The modulated broadband converter undersampling system is an undersampling system based on compressed sensing designed by Eldar in 2010 by Israeli, and is named as a modulated broadband converter (MWC) in Chinese. The MWC effectively undersamples the blind multiband sparse signal and can perfectly restore the original signal, so that the MWC can effectively reduce the sampling frequency of the non-cooperative broadband sparse signal, and the MWC has the unique advantage in full-band signal monitoring and detection. The MWC signal model is to perform segmented sensing on the broadband spectrum slice, so that the MWC can be completely applied to spectrum sensing. In the spectrum sensing of some signals, such as frequency modulated signal sensing, fast sensing is the primary objective, so it is necessary to study how to increase the recovery rate of MWC without greatly reducing the reconstruction rate.
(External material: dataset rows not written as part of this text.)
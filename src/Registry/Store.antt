-- ===== src/Registry/Store.antt =====
-- shared/RadioProtocol/src/RegistryPersistence.cpp: DualSlotRegistryStore, over the slots' driver of
-- GatewayStorage.h, which has the same operations. A load takes the newer registry as DualSlotStore
-- takes the newer value; a save reads back the generation alone.
pub mod Save
use radio_sensors.Prelude.{
  ℕ, ◌+◌, ◌%◌, ◌^◌, ◌<◌, ◌≡◌, Bool, true, false, not, List, [], ◌∷◌, ◌++◌, Option, none, some, leb,
  ◌==◌, if◌then◌else◌, and_then, take, length, All, IsByte, IsU32, byte_at, get_or, arith,
}
use radio_sensors.Prelude.Result.{Result, ok, err, ◌>>=◌, ◌>>◌, check}
use radio_sensors.Wire.{read_u32_le}
use radio_sensors.Gateway.Store.{Codec, SlotStorage, Members, slot_value, newest_of}
use radio_sensors.Registry.{NodeRegistry, new_registry}
use radio_sensors.Registry.Snapshot.{
  SnapshotError, encode_registry_snapshot, decode_registry_snapshot, max_registry_snapshot_size,
}

-- The value of a status that is Ok.
abbrev pub value_of {ℓ} : {E : Type 0} {A : Type ℓ} → Result E A → Option A
value_of (ok a) = some a
value_of (err e) = none

-- What the store writes of a registry; `buffer_` holds nothing else that is written.
unfoldable pub encoded : NodeRegistry → ℕ → Option (List ℕ)
encoded registry generation =
    elim (encode_registry_snapshot registry generation (some []) max_registry_snapshot_size) [
      | ok sent ↦ some (take sent.1 sent.0)
      | err e ↦ none
    ]

-- What the store finds in the bytes of a slot, read into a new registry.
unfoldable pub decoded : List ℕ → Option (NodeRegistry × ℕ)
decoded bytes = value_of (decode_registry_snapshot (some bytes) (length bytes) new_registry)

pub data RegistryLoadStatus : Type 0 where
  loaded empty : RegistryLoadStatus

-- `activeSlot_` is `none` for -1.
pub record RegistryStore : Type 0 where
  pub generation : ℕ
  pub active_slot : Option ℕ

abbrev pub next_generation : RegistryStore → ℕ
next_generation st = (st.generation + 1) % 2 ^ 32

abbrev pub target_slot : RegistryStore → ℕ
target_slot st = elim st.active_slot [ none ↦ 0 | some slot ↦ if slot == 0 then 1 else 0 ]

module _ (S : SlotStorage) where
  unfoldable pub load_registry : S.State → RegistryStore × NodeRegistry × RegistryLoadStatus
  load_registry s =
      let newest =
        newest_of new_registry (and_then (S.read s 0) decoded) (and_then (S.read s 1) decoded) in
      (
        record { generation = newest.generation; active_slot = newest.active_slot },
        newest.current,
        if newest.is_loaded then loaded else empty,
      )

  unfoldable pub save_registry :
      RegistryStore → S.State → NodeRegistry → RegistryStore × S.State × Bool
  save_registry st s registry = elim (encoded registry (next_generation st)) [
    | none ↦ (st, s, false)
    | some bytes ↦
        let written = S.write s (target_slot st) bytes in
        if not written.1
        then (st, written.0, false)
        else elim (and_then (S.read written.0 (target_slot st)) decoded) [
          | none ↦ (st, written.0, false)
          | some found ↦ if not (found.1 == next_generation st) then (st, written.0, false) else (
            record { generation = next_generation st; active_slot = some (target_slot st) },
            written.0,
            true,
          )
        ]
  ]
The schematic block diagram of MWC is shown in FIG. 2, and the essence of MWC lies in that it uses the periodic pseudo-random signal in advanceMixing with the original broadband sparse signal, moving the sub-bands in the broadband to the baseband, wherein the baseband contains the information of each sub-band, and filtering out the low-frequency signal by using a low-pass filter. Because no high-frequency component exists, uniform sampling can be completely realized by utilizing a commercial ADC device, the sampled information is a compressed sampling value, and the effective recovery of the support set can be realized by utilizing the recovery principle of compressed sensing.
In the recovery process of the MWC, the compressed sampling value of the analog domain needs to be input into a compressed sensing recovery algorithm to realize the recovery of the support set of the MWC, and the module is just used for realizing the recovery of the support set of the MWCIs Continuous to finite block (CTF). The principle analysis of MWC is mostly based on frequency domain analysis, because the idea of MWC is to slice the frequency domain and then find out the spectral slice that is not 0 for recovery. However, although the frequency domain-based analysis is adopted, the restoration is based on the time domain, because the frequency domain is infinite-dimensional, the CS model of the frequency domain is IMV (infinite Measurement vectors), and therefore, the frequency domain restoration cannot be realized, but the frequency domain restoration is not realized from the compressed sampling value of finite dimensionIt is possible to recover the sample values of each spectral slice, which is the mmv (multiple Measurement vectors) theoretical model in MWC support set recovery. However, two places in the CTF recovery module are time-consuming, one is a process of solving the matrix V through the matrix Q, and the time-consuming process is performed because the eigenvalues of the matrix Q are decomposed, and the other is an MWC recovery algorithm (M-OMP), and because the sampling value matrix is multi-column, the recovery time is increased, and thus the recovery time can be reduced by starting from the two places. Fig. 3 is a time-consuming analysis diagram of the CTF module.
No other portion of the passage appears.